A supramolecular assembling of zinc porphyrin with a π-conjugated oligo(phenylenevinylene) (oPPV) molecular wire for dye sensitized solar cell

Abstract

A novel π-conjugated oligo(phenylenevinylene) (oPPV) (or LC) was prepared, as a new organic dye for dye-sensitized solar cells (DSSC), which contains a cyanoacrylic acid group on one end and a pyridyl group on the other. Solar cells sensitized by LC were fabricated, and were found to exhibit a power conversion efficiency (PCE) value of 2.45%. Furthermore, we describe the formation of a supramolecular dyad (ZnTPP–LC) via a metal–ligand bond between LC, since its pyridyl group allows it to interact with several metal centers, and zinc-tetraphenyl-porphyrin (ZnTPP) onto the photoelectrode's TiO₂ surface of the solar cell. More specifically, LC was bound at first onto TiO₂ with its cyanoacrylic acid anchoring group, and then a metal–ligand supramolecular bond was formed, with the addition of a porphyrinic solution, between the nitrogen atom of LC's pyridyl group and the zinc. ZnTPP–LC solar cell was then fabricated resulting in a record PCE value of 5.27% concerning the supramolecular DSSCs. As shown by photovoltaic measurements (J–V curves) and incident photon to current conversion efficiency (IPCE) spectra of the two solar cells, the higher PCE value of the supramolecular one can be attributed to its enhanced photovoltaic parameters, and particularly its enhanced short circuit current (J_sc).

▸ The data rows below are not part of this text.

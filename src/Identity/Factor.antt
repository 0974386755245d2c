-- ===== src/Identity/Factor.antt =====
-- The second factor (mfa.go, mfa_http.go): authenticator codes, recovery codes, and the transactions that
-- consume them. A transaction that fails leaves the tables as they were.
use nexa_panel.Prelude.{
  ℕ, ◌+◌, ◌-◌, ◌/◌, Bool, true, false, not, ◌||◌, ◌&&◌, ◌==◌, Option, none, some, List, [], ◌∷◌,
  ◌++◌, Text, codes, is_empty, text_eq, trim_space, byte_len, ltb, leb, any, select, map,
  if◌then◌else◌,
}
use nexa_panel.Identity.Model.{UserModel, SessionModel, Db, Principal, Outside}

abbrev pub totp_period_seconds : ℕ
totp_period_seconds = 30

abbrev pub is_digit : ℕ → Bool
is_digit c = leb 48 c && leb c 57

-- The first of the steps whose code it is, past the last one that was accepted.
unfoldable pub first_step : (ℕ → Text) → Text → ℕ → List ℕ → Option ℕ
first_step expected code last [] = none
first_step expected code last (step ∷ steps) =
    let rest = first_step expected code last steps in
    if leb step last then rest else if text_eq (expected step) code then some step else rest

abbrev decoded_step : (Text → ℕ → Text) → Text → ℕ → ℕ → Option Text → Option ℕ
decoded_step totp_code code current last none = none
decoded_step totp_code code current last (some secret) =
    if is_empty secret
    then none
    else first_step (totp_code secret) code last (current ∷ (current - 1) ∷ (current + 1) ∷ [])

unfoldable pub find_user : Text → List UserModel → Option UserModel
find_user id [] = none
find_user id (user ∷ users) = if text_eq user.id id then some user else find_user id users

-- `UPDATE identity_users SET ... WHERE id = ? AND ...`, with the number of rows affected
abbrev pub change_user : Text → (UserModel → Bool) → (UserModel → UserModel) → UserModel → UserModel
change_user id guard f user = if text_eq user.id id && guard user then f user else user

abbrev pub affected : Text → (UserModel → Bool) → UserModel → Bool
affected id guard user = text_eq user.id id && guard user

abbrev pub update_user : Text → (UserModel → Bool) → (UserModel → UserModel) → Db → Db
update_user id guard f db = record db { users = map (change_user id guard f) db.users }

-- `RowsAffected() == 1`, the id being the key of the table
abbrev pub changes_one : Text → (UserModel → Bool) → Db → Bool
changes_one id guard db = any (affected id guard) db.users

abbrev verified : Text → Option ℕ → SessionModel → SessionModel
verified id at s = if text_eq s.id id then record s { mfa_verified_at = at } else s

abbrev pub mark_session : Text → Option ℕ → Db → Db
mark_session id at db = record db { sessions = map (verified id at) db.sessions }

abbrev pub has_time : Option ℕ → Bool
has_time none = false
has_time (some _) = true

abbrev pub is_confirmed : UserModel → Bool
is_confirmed user = has_time user.totp_confirmed_at

abbrev pub below : ℕ → UserModel → Bool
below step user = ltb user.totp_last_step step

abbrev pub at_step : ℕ → UserModel → UserModel
at_step step user = record user { totp_last_step = step }

-- The transaction of `verifyTOTPChallenge`: none where it returns an error
unfoldable pub commit_totp : Principal → ℕ → ℕ → Db → Option Db
commit_totp person step now db =
    if changes_one person.id (below step) db
    then some (
        mark_session person.session_id (some now)
          (update_user person.id (below step) (at_step step) db))
    else none

abbrev pub same_hashes : List Text → List Text → Bool
same_hashes [] [] = true
same_hashes [] (_ ∷ _) = false
same_hashes (_ ∷ _) [] = false
same_hashes (a ∷ xs) (b ∷ ys) = text_eq a b && same_hashes xs ys

abbrev pub spend_later : Bool → Text → List Text → Option (List Text) → Option (List Text)
spend_later found hash hashes (some left) = some (hash ∷ left)
spend_later true hash hashes none = some hashes
spend_later false hash hashes none = none

-- The hashes without the last one that matches, where one does: `recoveryCodeMatch` and the splice.
unfoldable pub spend : Text → List Text → Option (List Text)
spend wanted [] = none
spend wanted (hash ∷ hashes) = spend_later (text_eq hash wanted) hash hashes (spend wanted hashes)

abbrev pub holds : List Text → UserModel → Bool
holds hashes user = same_hashes user.recovery_code_hashes hashes

abbrev pub left_with : List Text → UserModel → UserModel
left_with hashes user = record user { recovery_code_hashes = hashes }

unfoldable pub commit_recovery :
    Principal → ℕ → Option UserModel → Option (List Text) → Db → Option Db
commit_recovery person now none left db = none
commit_recovery person now (some user) none db = none
commit_recovery person now (some user) (some left) db =
    if changes_one person.id (holds user.recovery_code_hashes) db
    then some (
        mark_session person.session_id (some now)
          (update_user person.id (holds user.recovery_code_hashes) (left_with left) db))
    else none

abbrev pub hashes_of : Option UserModel → List Text
hashes_of none = []
hashes_of (some user) = user.recovery_code_hashes

-- The transaction of `verifyRecoveryChallenge`, for the hash of the code
unfoldable pub verify_recovery : Principal → Text → ℕ → Db → Option Db
unfolding commit_recovery find_user
verify_recovery person wanted now db =
    let user = find_user person.id db.users in
    commit_recovery person now user (spend wanted (hashes_of user)) db

abbrev pub renewed : Text → UserModel → UserModel
renewed secret user = record user {
  totp_secret_encrypted = some secret;
  totp_confirmed_at = none;
  totp_last_step = 0;
  recovery_code_hashes = [];
}

abbrev pub keeps_session : Principal → SessionModel → Bool
keeps_session person s = not (text_eq s.user_id person.id) || text_eq s.id person.session_id

abbrev drop_others : Principal → Db → Db
drop_others person db = record db { sessions = select (keeps_session person) db.sessions }

unfoldable pub commit_replacement :
    Principal → Text → Option UserModel → Option (List Text) → Db → Option Db
commit_replacement person secret none left db = none
commit_replacement person secret (some user) none db = none
commit_replacement person secret (some user) (some left) db =
    if not (is_confirmed user)
    then none
    else if changes_one person.id (λ u. holds user.recovery_code_hashes u && is_confirmed u) db
    then some (
        mark_session person.session_id none (
          drop_others person (
            update_user person.id (λ u. holds user.recovery_code_hashes u && is_confirmed u)
              (renewed secret) db)))
    else none

-- `replaceMFAWithRecovery`
unfoldable pub replace_mfa : Principal → Text → Text → Db → Option Db
unfolding commit_replacement find_user
replace_mfa person wanted secret db =
    let user = find_user person.id db.users in
    commit_replacement person secret user (spend wanted (hashes_of user)) db

abbrev pub enrolled : ℕ → ℕ → List Text → UserModel → UserModel
enrolled now step hashes user = record user {
  totp_confirmed_at = some now;
  totp_last_step = step;
  recovery_code_hashes = hashes;
}

-- The transaction of `mfaConfirmHTTP`
unfoldable pub confirm_mfa : Principal → ℕ → ℕ → List Text → Db → Option Db
confirm_mfa person now step hashes db =
    if changes_one person.id (λ u. not (is_confirmed u)) db
    then some (
        mark_session person.session_id (some now)
          (update_user person.id (λ u. not (is_confirmed u)) (enrolled now step hashes) db))
    else none

module _ (out : Outside) where
  -- `validateTOTP` at a Unix time: the step that is accepted
  unfoldable pub validate_totp : Text → Text → ℕ → ℕ → Option ℕ
  validate_totp secret code now last =
      if not (byte_len code == 6) || any (λ c. not (is_digit c)) code
      then none
      else decoded_step out.totp_code code (now / totp_period_seconds) last
          (out.base32 (out.to_upper (trim_space secret)))

  abbrev opened_step : Text → ℕ → UserModel → Option Text → Option ℕ
  opened_step code now user none = none
  opened_step code now user (some secret) = validate_totp secret code now user.totp_last_step

  abbrev stored_step : Text → ℕ → UserModel → Option Text → Option ℕ
  stored_step code now user none = validate_totp [] code now user.totp_last_step
  stored_step code now user (some encrypted) =
      opened_step code now user (out.decrypt (codes "identity.totp." ++ user.id) encrypted)

  abbrev loaded_step : Text → ℕ → Option UserModel → Option ℕ
  loaded_step code now none = none
  loaded_step code now (some user) =
      if is_confirmed user then stored_step code now user user.totp_secret_encrypted else none

  -- `verifyTOTPChallenge` until its transaction, on the row that `loadMFAUser` reads
  unfoldable pub check_totp : Principal → Text → ℕ → Db → Option ℕ
  unfolding validate_totp
  check_totp person code now db = loaded_step code now (find_user person.id db.users)
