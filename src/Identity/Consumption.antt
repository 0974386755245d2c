-- ===== src/Identity/Consumption.antt =====
-- The transactions that consume a second factor, as a sequence: many requests may have checked their codes
-- before against older rows.
use nexa_panel.Prelude.{
  ℕ, suc, ◌&&◌, Option, none, some, List, [], ◌∷◌, Text, text_eq, if◌then◌else◌,
}
use nexa_panel.Identity.Model.{Db, Principal}
use nexa_panel.Identity.Factor.{commit_totp, verify_recovery}

-- A transaction of one request: an authenticator code whose step was checked, or the hash of a recovery
-- code.
pub data Consumption : Type 0 where
  totp : Principal → ℕ → ℕ → Consumption
  recovery : Principal → Text → ℕ → Consumption

unfoldable pub consume : Consumption → Db → Option Db
consume (totp person step now) db = commit_totp person step now db
consume (recovery person wanted now) db = verify_recovery person wanted now db

abbrev pub or_same : Db → Option Db → Db
or_same db none = db
or_same db (some db') = db'

-- The step that is accepted for the account `id`, if one is.
abbrev pub step_for : Text → Consumption → Option Db → List ℕ → List ℕ
step_for id (totp person step now) (some _) steps =
    if text_eq person.id id then step ∷ steps else steps
step_for id (totp person step now) none steps = steps
step_for id (recovery _ _ _) _ steps = steps

-- The steps that are accepted for an account, in order.
unfoldable pub accepted_steps : Text → List Consumption → Db → List ℕ
accepted_steps id [] db = []
accepted_steps id (c ∷ cs) db =
    step_for id c (consume c db) (accepted_steps id cs (or_same db (consume c db)))

-- How many times a recovery code is accepted for an account.
abbrev pub code_for : Text → Text → Consumption → Option Db → ℕ → ℕ
code_for id w (totp _ _ _) _ n = n
code_for id w (recovery person wanted now) none n = n
code_for id w (recovery person wanted now) (some _) n =
    if text_eq person.id id && text_eq wanted w then suc n else n

unfoldable pub accepted_codes : Text → Text → List Consumption → Db → ℕ
accepted_codes id w [] db = 0
accepted_codes id w (c ∷ cs) db =
    code_for id w c (consume c db) (accepted_codes id w cs (or_same db (consume c db)))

This J_sc improvement is due to ZnTPP–LC's higher light-harvesting efficiency and the larger electron injection of both ZnTPP and LC into TiO₂'s conduction band (CB) of the corresponding solar cell. These results are in accordance with electrochemical impedance spectra (EIS) of the DSSCs, which revealed longer electron lifetime, higher charge recombination resistance and shorter electron transport time for the solar cell based on ZnTPP–LC as compared to the one sensitized by LC.